=== Supplied entries ===

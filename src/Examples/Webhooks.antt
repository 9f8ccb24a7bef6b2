-- ===== src/Examples/Webhooks.antt =====
-- A delivery that fails, its delays, and a sweep.
use agent_layer.Prelude.{String, ℕ, suc, ◌*◌, ◌^◌, [], ◌∷◌, ◌++◌, ◌≡◌, refl, arith}
use agent_layer.Prelude.Int.{pos}
use agent_layer.Prelude.Exec.{Exec, err, failure}
use agent_layer.Domain.{WebhookDelivery, zero_delivery}
use agent_layer.Core.{WebhookDispatchResult}
use agent_layer.Webhooks.Attempts.{default_backoff, minute, delivery_status_retrying}
use agent_layer.Webhooks.Delivery.{DeliveryResult}
use agent_layer.Webhooks.Sweep.{sweep, empty_result}
use agent_layer.Webhooks.Backoff.{default_backoff_lem}
use agent_layer.Webhooks.Lifecycle.{HasFailed, after_attempts, after_failures}
use agent_layer.Webhooks.SweepLaws.{Accounts, due, replays, sweep-Accounts}

abbrev unavailable : WebhookDispatchResult
unavailable = record { status_code = pos 503; body = []; delivered_at = pos 7 }

default_backoff_lem_example : default_backoff (pos 3) ≡ pos (minute * 2 ^ 2)
default_backoff_lem_example = default_backoff_lem (pos 3) (omega arith)

after_failures_example : HasFailed 4 (pos 7) (
    after_attempts zero_delivery
      ((unavailable ∷ unavailable ∷ unavailable ∷ []) ++ unavailable ∷ []))
after_failures_example =
    after_failures zero_delivery (unavailable ∷ unavailable ∷ unavailable ∷ []) unavailable 0 refl
      (refl, (refl, (refl, (refl, tt)))) (omega arith)

abbrev waiting : WebhookDelivery
waiting = record zero_delivery {
  id = "d1";
  status = delivery_status_retrying;
  next_attempt_at = pos 60;
}

-- A replay that counts its calls and fails.
abbrev failing : String → Exec ℕ DeliveryResult
failing id n = (err (failure "unreachable"), suc n)

sweep-Accounts_example :
    Accounts 2
      (replays failing (due (pos 90) (waiting ∷ zero_delivery ∷ [])) 0).0
      empty_result
      (sweep failing (pos 90) (waiting ∷ zero_delivery ∷ []) empty_result 0).0
    × ((sweep failing (pos 90) (waiting ∷ zero_delivery ∷ []) empty_result 0).1
        ≡ (replays failing (due (pos 90) (waiting ∷ zero_delivery ∷ [])) 0).1)
sweep-Accounts_example =
    sweep-Accounts failing (pos 90) (waiting ∷ zero_delivery ∷ []) empty_result 0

===

▸ What the exercise asks:
Take the lines above from the one containing "unavailable = record" to the one containing "after_failures_example : HasFailed" and retype them exactly, both ends included, with nothing added.

▸ Written answer:
unavailable = record { status_code = pos 503; body = []; delivered_at = pos 7 }

default_backoff_lem_example : default_backoff (pos 3) ≡ pos (minute * 2 ^ 2)
default_backoff_lem_example = default_backoff_lem (pos 3) (omega arith)

after_failures_example : HasFailed 4 (pos 7) (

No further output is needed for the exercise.